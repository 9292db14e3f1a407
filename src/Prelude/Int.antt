-- ===== src/Prelude/Int.antt =====
-- Signed integers, their order, and the wrap-around of Go's int64 and int16.
use Prim.Native.Nat.{ℕ, suc, ◌+◌, ◌-◌, ◌%◌, ◌^◌, ◌≤◌}
use mathlib.Core.Path.{◌≡◌}
use mathlib.Core.Bool.{Bool, true}
use native.Mathlib.Omega.{arith}
use capillaries.Prelude.Tests.{ltb, leb, ◌==◌, if◌then◌else◌}

-- `negsuc n` is -(n + 1).
pub data ℤ : Type 0 where
  pos : ℕ → ℤ
  negsuc : ℕ → ℤ

abbrev pub pos_part : ℤ → ℕ
pos_part (pos n) = n
pos_part (negsuc n) = 0

abbrev pub neg_part : ℤ → ℕ
neg_part (pos n) = 0
neg_part (negsuc n) = suc n

-- a - b, as an integer.
abbrev pub sub_ℕ : ℕ → ℕ → ℤ
sub_ℕ a b = if leb b a then pos (a - b) else negsuc (b - a - 1)

infixl 65 ◌+ℤ◌ ◌-ℤ◌
unfoldable pub ◌+ℤ◌ : ℤ → ℤ → ℤ
a +ℤ b = sub_ℕ (pos_part a + pos_part b) (neg_part a + neg_part b)

unfoldable pub ◌-ℤ◌ : ℤ → ℤ → ℤ
a -ℤ b = sub_ℕ (pos_part a + neg_part b) (neg_part a + pos_part b)

infix 50 ◌<ℤ◌ ◌≤ℤ◌
abbrev pub ◌≤ℤ◌ : ℤ → ℤ → Type 0
a ≤ℤ b = pos_part a + neg_part b ≤ pos_part b + neg_part a

abbrev pub ◌<ℤ◌ : ℤ → ℤ → Type 0
a <ℤ b = suc (pos_part a + neg_part b) ≤ pos_part b + neg_part a

-- The tests `a < b` and `a == b`.
abbrev pub int_lt : ℤ → ℤ → Bool
int_lt a b = ltb (pos_part a + neg_part b) (pos_part b + neg_part a)

abbrev pub int_eq : ℤ → ℤ → Bool
int_eq a b = (pos_part a + neg_part b) == (pos_part b + neg_part a)

-- The residue of an integer modulo `m`, in `0 .. m - 1`.
abbrev residue : ℕ → ℤ → ℕ
residue m (pos n) = n % m
residue m (negsuc n) = m - 1 - n % m

-- The two's complement reading of a residue.
abbrev signed : ℕ → ℕ → ℤ
signed half r = if ltb r half then pos r else negsuc (half + half - 1 - r)

-- The result of an int64 operation.
unfoldable pub wrap64 : ℤ → ℤ
wrap64 a = signed (2 ^ 63) (residue (2 ^ 64) a)

abbrev pub max_int64 : ℤ
max_int64 = pos 9223372036854775807

abbrev pub min_int64 : ℤ
min_int64 = negsuc 9223372036854775807

-- A value that fits is unchanged.
pub wrap64_of_fits : (a : ℤ) → min_int64 ≤ℤ a → a ≤ℤ max_int64 → wrap64 a ≡ a
unfolding wrap64
wrap64_of_fits (pos n) l h = ground arith
wrap64_of_fits (negsuc n) l h = ground arith

-- The conversion `int16(a)`.
unfoldable pub wrap16 : ℤ → ℤ
wrap16 a = signed 32768 (residue 65536 a)

-- A value that fits is unchanged.
pub wrap16_of_fits : (a : ℤ) → negsuc 32767 ≤ℤ a → a ≤ℤ pos 32767 → wrap16 a ≡ a
unfolding wrap16
wrap16_of_fits (pos n) l h = ground arith
wrap16_of_fits (negsuc n) l h = ground arith

pub eq_of_parts : (a b : ℤ) → pos_part a + neg_part b ≡ pos_part b + neg_part a → a ≡ b
eq_of_parts (pos a) (pos b) h = ground arith
eq_of_parts (pos a) (negsuc b) h = ground arith
eq_of_parts (negsuc a) (pos b) h = ground arith
eq_of_parts (negsuc a) (negsuc b) h = ground arith

pub eq_of_int_eq : (a b : ℤ) → int_eq a b ≡ true → a ≡ b
eq_of_int_eq a b h = eq_of_parts a b (ground arith)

## [Exercise directions]
Exactly how many lines in the listing above contain the word "Type"? Only the number should be given.

## [Task result]
3